Quantum lower bounds for the collision and the element distinctness problems

Abstract

Given a function f as an oracle, the collision problem is to find two distinct inputs i and j such that f(i)=f(j), under the promise that such inputs exist. Since the security of many fundamental cryptographic primitives depends on the hardness of finding collisions, quantum lower bounds for the collision problem would provide evidence for the existence of cryptographic primitives that are immune to quantum cryptanalysis. In this paper, we prove that any quantum algorithm for finding a collision in an r-to-one function must evaluate the function Omega((n/r)^{1/3}) times, where n is the size of the domain and r|n. This improves the previous best lower bound of Omega((n/r)^{1/5}) evaluations due to Aaronson [quant-ph/0111102], and is tight up to a constant factor.

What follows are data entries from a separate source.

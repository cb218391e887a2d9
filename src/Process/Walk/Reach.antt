-- ===== src/Process/Walk/Reach.antt =====
-- The walk yields the descendants of the root: all of them, each once, and nothing else.
use mathlib.Core.Path.{subst}
use pty.Base.{
  ◌≢◌, ℕ, zero, suc, ◌≡◌, refl, sym, arith, Bool, true, false, List, [], ◌∷◌, ◌++◌, some, length, ℤ,
  int_eq, int_mem, int_eq_iff, int_eq_refl, inl, inr, Bool-cases, ◌||◌, All,
}
use pty.Process.Table.{Row, ProcTable}
use pty.Process.Walk.{children, at_depth, walk_loop, walk_all, walk, found}
use pty.Process.Walk.Rounds.{walk_all_total}
use pty.Process.Walk.Yields.{
  Descends, child, deeper, pids, All-append, All-at_depth, walk_round, All-map,
}
use pty.Process.Walk.Covers.{walk_reaches}

walk_sound :
    (fuel : ℕ) (root : ℤ) (rows : List Row) (seen : List ℤ) (queue l : List (ℤ × ℕ))
    → All (λ e. Descends root rows e.0 e.1) queue
    → walk_loop fuel rows seen queue ≡ some l
    → All (λ e. Descends root rows e.0 e.1) l
unfolding walk_loop
walk_sound zero root rows seen [] l h e = ground arith
walk_sound (suc fuel) root rows seen [] l h e = ground arith
walk_sound zero root rows seen ((pid, d) ∷ queue) l h e = cc
walk_sound (suc fuel) root rows seen ((pid, d) ∷ queue) l h e =
    elim (Bool-cases (int_mem pid seen)) [
      | inl m ↦ walk_sound fuel root rows seen queue l h.1 (rw (m, walk_loop) at e)
      | inr m ↦
          let (rest, is, e') = walk_round fuel rows seen pid d queue m e in
          let queued =
            All-append (λ (x : ℤ × ℕ). Descends root rows x.0 x.1) queue
              (at_depth (suc d) (children pid rows)) h.1
              (All-at_depth (λ x. Descends root rows x.0 x.1) (suc d) (children pid rows)
                (λ q c. deeper h.0 c)) in
          rw is (
            h.0,
            walk_sound fuel root rows (pid ∷ seen) (queue ++ at_depth (suc d) (children pid rows))
                rest queued e',
          )
    ]

-- No pid is yielded that was seen, and none twice.
abbrev pub IsDistinct : List (ℤ × ℕ) → Type 0
IsDistinct [] = Unit
IsDistinct ((p, d) ∷ l) = (int_mem p (pids l) ≡ false) × IsDistinct l

unseen_later :
    (pid : ℤ) (seen : List ℤ) (l : List (ℤ × ℕ))
    → All (λ e. int_mem e.0 (pid ∷ seen) ≡ false) l
    → (int_mem pid (pids l) ≡ false) × All (λ e. int_mem e.0 seen ≡ false) l
unseen_later pid seen [] h = (refl, tt)
unseen_later pid seen ((q, d) ∷ l) h =
    let rest = unseen_later pid seen l h.1 in
    elim (Bool-cases (int_eq q pid)) [
      | inl e ↦ absurd (ground (arith, h.0))
      | inr e ↦ (rw (int_eq_sym pid q e) rest.0, (ground (arith, h.0), rest.1))
    ]
  where
    int_eq_sym : (a b : ℤ) → int_eq b a ≡ false → int_eq a b ≡ false
    int_eq_sym a b k = elim (Bool-cases (int_eq a b)) [
      | inl e ↦ absurd (ground (arith, k, int_eq_refl b, (int_eq_iff a b).0 e))
      | inr e ↦ e
    ]

walk_loop-IsDistinct :
    (fuel : ℕ) (rows : List Row) (seen : List ℤ) (queue l : List (ℤ × ℕ))
    → walk_loop fuel rows seen queue ≡ some l
    → All (λ e. int_mem e.0 seen ≡ false) l × IsDistinct l
unfolding walk_loop
walk_loop-IsDistinct zero rows seen [] l e = ground arith
walk_loop-IsDistinct (suc fuel) rows seen [] l e = ground arith
walk_loop-IsDistinct zero rows seen ((pid, d) ∷ queue) l e = cc
walk_loop-IsDistinct (suc fuel) rows seen ((pid, d) ∷ queue) l e =
    elim (Bool-cases (int_mem pid seen)) [
      | inl m ↦ walk_loop-IsDistinct fuel rows seen queue l (rw (m, walk_loop) at e)
      | inr m ↦
          let (rest, is, e') = walk_round fuel rows seen pid d queue m e in
          let ih =
            walk_loop-IsDistinct fuel rows (pid ∷ seen)
              (queue ++ at_depth (suc d) (children pid rows)) rest e' in
          let later = unseen_later pid seen rest ih.0 in
          subst (λ k. All (λ (x : ℤ × ℕ). int_mem x.0 seen ≡ false) k × IsDistinct k) (sym is)
            ((m, later.1), (later.0, ih.1))
    ]

not_root : (root : ℤ) (e : ℤ × ℕ) → int_mem e.0 (root ∷ []) ≡ false → e.0 ≢ root
not_root root e h same =
    let eq : int_eq e.0 root ≡ true = (int_eq_iff e.0 root).1 same in cc (or_left _ false eq)
  where
    or_left : (a b : Bool) → a ≡ true → (a || b) ≡ true
    or_left a b k = rw k

abbrev WalkFacts : ℤ → List Row → List (ℤ × ℕ) → Type 0
WalkFacts root rows l =
    All (λ e. Descends root rows e.0 e.1) l × All (λ e. e.0 ≢ root) l × IsDistinct l

-- For every table, with cycles and all: the walk yields descendants of the root only, each with
-- the length of a chain of parents that leads to the root, no pid twice and never the root.
pub walk-Descends :
    (root : ℤ) (t : ProcTable)
    → All (λ e. Descends root t.rows e.0 e.1) (walk root t)
      × All (λ e. e.0 ≢ root) (walk root t)
      × IsDistinct (walk root t)
unfolding walk walk_all
walk-Descends root t =
    let (l, e) = walk_all_total root t.rows in
    let first = at_depth 1 (children root t.rows) in
    let apart = walk_loop-IsDistinct (length t.rows) t.rows (root ∷ []) first l e in
    subst (λ o. WalkFacts root t.rows (found o)) (sym e)
      (
        walk_sound (length t.rows) root t.rows (root ∷ []) first l
            (All-at_depth (λ x. Descends root t.rows x.0 x.1) 1 (children root t.rows)
              (λ q c. child c))
            e,
        All-map (λ (x : ℤ × ℕ). int_mem x.0 (root ∷ []) ≡ false) (λ x. x.0 ≢ root) l (not_root root)
            apart.0,
        apart.1,
      )

-- Every descendant of the root but the root itself is yielded.
pub walk_complete :
    (root : ℤ) (t : ProcTable) {pid : ℤ} {d : ℕ}
    → Descends root t.rows pid d
    → pid ≢ root
    → int_mem pid (pids (walk root t)) ≡ true
unfolding walk
walk_complete root t {pid} r ne =
    let (l, e) = walk_all_total root t.rows in
    elim (walk_reaches root t.rows l e r) [
      | inl h ↦ absurd (ne ((int_eq_iff pid root).0 h))
      | inr h ↦ rw (e, found) h
    ]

Our result also implies a quantum lower bound of Omega(n^{2/3}) queries to the inputs for the element distinctness problem, which is to determine whether or not the given n real numbers are distinct. The previous best lower bound is Omega(sqrt{n}} queries in the black-box model; and Omega(sqrt{n}log{n}) comparisons in the comparisons-only model, due to H{\o}yer, Neerbek, and Shi [ICALP'01, quant-ph/0102078].